◆ **The data**
########
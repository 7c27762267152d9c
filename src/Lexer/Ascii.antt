-- ===== src/Lexer/Ascii.antt =====
-- The character classes and the lower case of ASCII, at which src/mellowlang/lexer.py can be run.
use mellow_programming_langu.Prelude.{
  ℕ, ◌+◌, ◌≡◌, inl, inr, Bool, true, false, ◌&&◌, ◌||◌, map, arith, leb, if◌then◌else◌, Bool-cases,
}
use mellow_programming_langu.Text.{is_space}
use mellow_programming_langu.Lexer.{Unicode}

unfoldable pub ascii_digit : ℕ → Bool
ascii_digit c = leb b'0' c && leb c b'9'

unfoldable pub ascii_alpha : ℕ → Bool
ascii_alpha c = leb b'a' c && leb c b'z' || leb b'A' c && leb c b'Z'

unfoldable pub ascii_alnum : ℕ → Bool
unfolding ascii_digit ascii_alpha
ascii_alnum c = ascii_digit c || ascii_alpha c

unfoldable pub ascii_lower : ℕ → ℕ
ascii_lower c = if leb b'A' c && leb c b'Z' then c + 32 else c

pub ascii_digit_solid : (c : ℕ) → ascii_digit c ≡ true → is_space c ≡ false
unfolding ascii_digit is_space
ascii_digit_solid c h = ground arith

pub ascii_alpha_solid : (c : ℕ) → ascii_alpha c ≡ true → is_space c ≡ false
unfolding ascii_alpha is_space
ascii_alpha_solid c h = ground arith

pub ascii_alnum_solid : (c : ℕ) → ascii_alnum c ≡ true → is_space c ≡ false
unfolding ascii_alnum
ascii_alnum_solid c h = elim (Bool-cases (ascii_digit c)) [
  | inl e ↦ ascii_digit_solid c e
  | inr e ↦ ascii_alpha_solid c (rw e at h)
]

abbrev pub ascii : Unicode
ascii = record {
  is_digit = ascii_digit;
  is_alpha = ascii_alpha;
  is_alnum = ascii_alnum;
  lower = map ascii_lower;
  digit_solid = ascii_digit_solid;
  alpha_solid = ascii_alpha_solid;
  alnum_solid = ascii_alnum_solid;
}
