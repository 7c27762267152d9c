-- ===== src/Lexer/Progress.antt =====
-- What each round of `lex_expr` of src/mellowlang/lexer.py reads.
use mellow_programming_langu.Prelude.{
  ℕ, zero, suc, ◌≤◌, ◌<◌, ◌≡◌, true, false, ◌&&◌, ◌||◌, [], ◌∷◌, ◌++◌, arith, ◌==◌, length, drop,
  length-drop,
}
use mellow_programming_langu.Text.{Text}
use mellow_programming_langu.Lexer.{
  Unicode, literal_body, number_length, word_length, next_token, fstring_escape, string_escape,
  starts_with_digit, head_or_zero,
}

pub literal_body_shrinks :
    (escape : Text → ℕ × ℕ) (quote : ℕ) (buf : Text) (skip : ℕ) (s : Text)
    → length (literal_body escape quote buf skip s).1 ≤ length s
unfolding literal_body
literal_body_shrinks escape quote buf skip [] = omega arith
literal_body_shrinks escape quote buf (suc skip) (c ∷ s) =
    omega (arith, literal_body_shrinks escape quote buf skip s)
literal_body_shrinks escape quote buf zero (c ∷ s) = ground (
  arith,
  literal_body_shrinks escape quote (buf ++ (escape s).0 ∷ []) (escape s).1 s,
  literal_body_shrinks escape quote (buf ++ c ∷ []) 0 s,
)

module _ (u : Unicode) where
  pub number_length_pos :
      (c : ℕ) (s : Text)
      → (u.is_digit c || c == b'.' && starts_with_digit u s) ≡ true
      → 0 < number_length u false (c ∷ s)
  unfolding number_length
  number_length_pos c s h = ground arith

  pub next_token_shrinks : (c : ℕ) (s : Text) → length (next_token u c s).1 ≤ length s
  unfolding next_token
  next_token_shrinks c s = ground (
    arith,
    literal_body_shrinks fstring_escape (head_or_zero u s) [] 0 (drop 1 s),
    length-drop 1 s,
    literal_body_shrinks string_escape c [] 0 s,
    number_length_pos c s,
    length-drop (number_length u false (c ∷ s)) (c ∷ s),
    length-drop (word_length u s) s,
    length-drop 1 s,
  )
########
◆ **Problem description**
Whenever the string "Unicode" shows up in a line of the entries, copy that line.

◆ **Reply**
use mellow_programming_langu.Lexer.{Unicode}
abbrev pub ascii : Unicode
  Unicode, literal_body, number_length, word_length, next_token, fstring_escape, string_escape,
module _ (u : Unicode) where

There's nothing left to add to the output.